Lastly, the gene IFNGR1 (Interferon Gamma Receptor 1, IFN-γ R1), which is pro- convulsant through activation of TNFR1 and TLR1 inflammatory pathways, operates through the pro-inflammatory cytokine, interferon- γ (IFN- γ). IFN- γ is produced by T and natural killer (NK) cells and microglia and binds to the IFN-γ receptor consisting of IFN-γR1 and IFN-γR2 subunits [57,61]. IFN-γR1 is expressed in both glial cells and neurons [62]. Th1 cells secrete IFN-γ inducing microglia into a pro-inflammatory, cytotoxic M1 phenotype [63]. In patients with temporal lobe epilepsy, peripheral lymphocytes are in a chronic state of activation and demonstrate increased IFN-γ expression compared to healthy controls [24]. In patients with epilepsy, post-ictal and interictal peripheral blood concentrations of IFN-γ are also elevated, relative to healthy controls, and interictal IFN-γ concentration is positively correlated with seizure frequency [21,63].

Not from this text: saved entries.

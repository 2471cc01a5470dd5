-- ===== src/Serve.antt =====
-- The serve loop (src/main.rs): settling episodes, decisions after a refill, and backend restarts.
pub mod Durations
pub mod Settling
pub mod Decisions
pub mod Recovery
pub mod Tick
mod Scenarios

The involvement of RHOB, TLR1, TNFRSF1A, LYN, CASP1, PRKCD, FCGR2A, and
IFNGR1 in neuroinflammation promotes temporal lobe epileptogenicity (Fig. 3). Leukocyte expression of these neuroinflammation generating genes is uniquely activated in TLE patients with low seizure frequency when compared to patients with high seizure frequency in this study.